Multi-Objective Resource Allocation in Density-Aware Design of C-RAN in 5G

In this paper, a multi-objective resource allocation algorithm in a novel density-aware design of virtualized software-defined cloud radio access network (C-RAN) is proposed. We consider two design modes based on the average density of users: 1) high-density mode when a large number of low-cost remote radio heads (RRHs) without baseband processing capability are controlled by one single base station and 2) low-density mode when a small number of RRHs with baseband processing capability are deployed. In high-density mode, the challenge of front-haul capacity limitation is tackled via separating control plane and data plane in a heterogeneous structure.
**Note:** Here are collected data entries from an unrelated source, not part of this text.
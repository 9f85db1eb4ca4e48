-- ===== src/HttpServer/Stalled.antt =====
-- router/http_server.go `processW`: a body that claims a frame of length 0.
use xchg.Base.{ℕ, ◌≤◌, ◌≡◌, ◌≢◌, none, some, arith, length}
use xchg.Bytes.{uint32_at}
use xchg.Router.{Router, Slice, put_frame, declare_http_request_w}
use xchg.Router.Routing.{put_frame_ok}
use xchg.Framing.{running, sub_slice, min_frame}
use xchg.Framing.Stall.{frames_loop_stalls}
use xchg.HttpServer.{process_w}

-- `Put` does not panic on an empty slice before at least 96 bytes.
put_empty :
    (body : Slice) (now : ℕ) (c : Router)
    → 96 ≤ length body.array
    → put_frame c (sub_slice body 0 0) now ≢ none
put_empty body now c room e = cc (put_frame_ok c (sub_slice body 0 0) now room, e)

-- A body of at least 69 bytes, in an array of at least 96, whose first four bytes are the length 0:
-- the loop of `processW` goes round for ever, no fuel is enough for it to end.
pub process_w_stalls :
    (fuel : ℕ) (c : Router) (body : Slice) (now : ℕ)
    → uint32_at body.array 0 ≡ 0
    → min_frame ≤ body.len
    → 96 ≤ length body.array
    → (c' : Router) × (process_w fuel c (some body) now ≡ running c')
unfolding process_w
process_w_stalls fuel c body now e long room =
    frames_loop_stalls (λ c frame. put_frame c frame now) fuel (declare_http_request_w c) body 0 e
      (omega arith) (λ s. put_empty body now s room)
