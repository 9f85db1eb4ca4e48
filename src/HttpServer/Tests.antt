-- ===== src/HttpServer/Tests.antt =====
-- The theorems at concrete inputs.
use xchg.Base.{replicate, ℕ, List, ◌≡◌, refl, some, [], ◌∷◌, ◌++◌, map, arith, length}
use xchg.Transaction.{Frame, new_frame, marshal}
use xchg.Transaction.Wire.{FitsWire}
use xchg.Router.{Slice, Router, new_router, declare_http_request_w}
use xchg.Framing.{Run, finished, panicked, running}
use xchg.Framing.Split.{end_to_end}
use xchg.HttpServer.{process_w}
use xchg.HttpServer.Stalled.{process_w_stalls}
use xchg.Bytes.{uint32_at}
use xchg.HttpServer.Puts.{put_frames, process_w_puts}
use xchg.HttpServer.Requests.{Base64}
use xchg.Router.Reports.{Report, speed_of, build_debug_string}
use xchg.Texts.{Outcome, done, failed}

abbrev pub call : Frame
call = new_frame 0x10 (1 ∷ 2 ∷ []) (3 ∷ []) 7 300 0 2 (5 ∷ 6 ∷ [])

pub call-FitsWire : FitsWire call
unfolding new_frame xchg.Bytes.copy_at
call-FitsWire = record {
  frame_type = omega arith;
  transaction_id = omega arith;
  session_id = omega arith;
  offset = omega arith;
  total_size = omega arith;
  src_address = refl;
  dest_address = refl;
  comment = refl;
  payload = omega arith;
}

process_w_puts_example :
    process_w 3
      (new_router 0)
      (some (record {
        array = end_to_end (map marshal (call ∷ call ∷ [])) ++ (0 ∷ []);
        len = length (end_to_end (map marshal (call ∷ call ∷ [])));
      }))
      4
    ≡ finished (put_frames (declare_http_request_w (new_router 0)) (call ∷ call ∷ []) 4)
process_w_puts_example =
    process_w_puts (call ∷ call ∷ []) (0 ∷ []) 3 (new_router 0) 4
      (call-FitsWire, (call-FitsWire, tt)) (omega arith)

abbrev pub no_report : Report
no_report =
    build_debug_string (λ n time. n) (λ info. []) (λ speed. []) (new_router 0)
      (speed_of (λ n. n) (new_router 0).stat)

-- An encoding that changes nothing.
abbrev pub plain : Base64
plain = record {
  encode_to_string = λ bytes. bytes;
  decode_string = λ text. some (record { array = text ++ (0 ∷ []); len = length text });
}

abbrev pub response : Router → Run (List ℕ × Router) → Outcome (List ℕ) × Router
response c (finished (out, c')) = (done out, c')
response c panicked = (failed [], c)
response c (running r) = (failed [], c)

-- A hundred zeros.
abbrev zeros : Slice
zeros = record { array = replicate 100 0; len = 100 }

zeros_length : uint32_at zeros.array 0 ≡ 0
unfolding uint32_at xchg.Bytes.le_value
zeros_length = refl

process_w_stalls_example :
    (c' : Router) × (process_w 1000 (new_router 0) (some zeros) 4 ≡ running c')
process_w_stalls_example =
    process_w_stalls 1000 (new_router 0) zeros 4 zeros_length (omega arith) (omega arith)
Besides, the fully centralized processing and management, and energy-efficient use of infrastructure in low traffic time by turning off RRHs are achieved. In the low-density mode, the transmission delay due to the large distance between the sparse RRHs and cloud unit, is more critical. This practical issue is handled by sharing the baseband processing and resource management among these units in a hierarchical structure. This resulting heterogeneous /hierarchical virtualized software-defined cloud-RAN (HVSD-CRAN) offers various tradeoffs in resource management objectives such as throughput and delay versus power and cost. Consequently, we resort to multi-objective optimization theory to propose a resource allocation framework in HVSD-CRAN.